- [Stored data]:
◇ ◇ ◇ ◇ ◇ ◇ ◇

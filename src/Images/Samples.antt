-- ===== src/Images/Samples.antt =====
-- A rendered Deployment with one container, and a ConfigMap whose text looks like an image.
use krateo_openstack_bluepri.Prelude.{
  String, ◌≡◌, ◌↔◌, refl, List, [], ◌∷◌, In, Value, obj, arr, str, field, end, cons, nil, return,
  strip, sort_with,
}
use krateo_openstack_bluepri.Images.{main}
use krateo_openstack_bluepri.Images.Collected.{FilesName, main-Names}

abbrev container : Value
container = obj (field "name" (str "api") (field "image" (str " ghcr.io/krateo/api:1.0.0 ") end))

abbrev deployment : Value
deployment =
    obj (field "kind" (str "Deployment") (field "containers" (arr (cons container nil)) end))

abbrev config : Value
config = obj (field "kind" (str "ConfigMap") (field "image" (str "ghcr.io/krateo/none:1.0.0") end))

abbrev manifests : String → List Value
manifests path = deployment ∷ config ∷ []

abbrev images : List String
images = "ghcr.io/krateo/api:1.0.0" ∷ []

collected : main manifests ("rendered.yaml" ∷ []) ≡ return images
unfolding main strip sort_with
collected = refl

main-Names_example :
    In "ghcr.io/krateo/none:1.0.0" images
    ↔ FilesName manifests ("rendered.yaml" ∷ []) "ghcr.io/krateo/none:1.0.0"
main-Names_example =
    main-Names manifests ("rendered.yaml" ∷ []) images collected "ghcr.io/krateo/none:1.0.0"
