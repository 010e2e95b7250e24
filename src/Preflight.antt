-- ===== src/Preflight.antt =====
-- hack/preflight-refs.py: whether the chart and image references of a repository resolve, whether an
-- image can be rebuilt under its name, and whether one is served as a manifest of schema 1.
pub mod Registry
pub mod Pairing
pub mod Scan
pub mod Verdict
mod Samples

◇ ◇ ◇ ◇ ◇ ◇ ◇

- [The task]: Once you find the line containing "filename src/Preflight.antt", copy it and every line after it through the end of the records, exactly and nothing else.

- [Result of this task]:
filename src/Preflight.antt
-- ===== src/Preflight.antt =====
-- hack/preflight-refs.py: whether the chart and image references of a repository resolve, whether an
-- image can be rebuilt under its name, and whether one is served as a manifest of schema 1.
pub mod Registry
pub mod Pairing
pub mod Scan
pub mod Verdict
mod Samples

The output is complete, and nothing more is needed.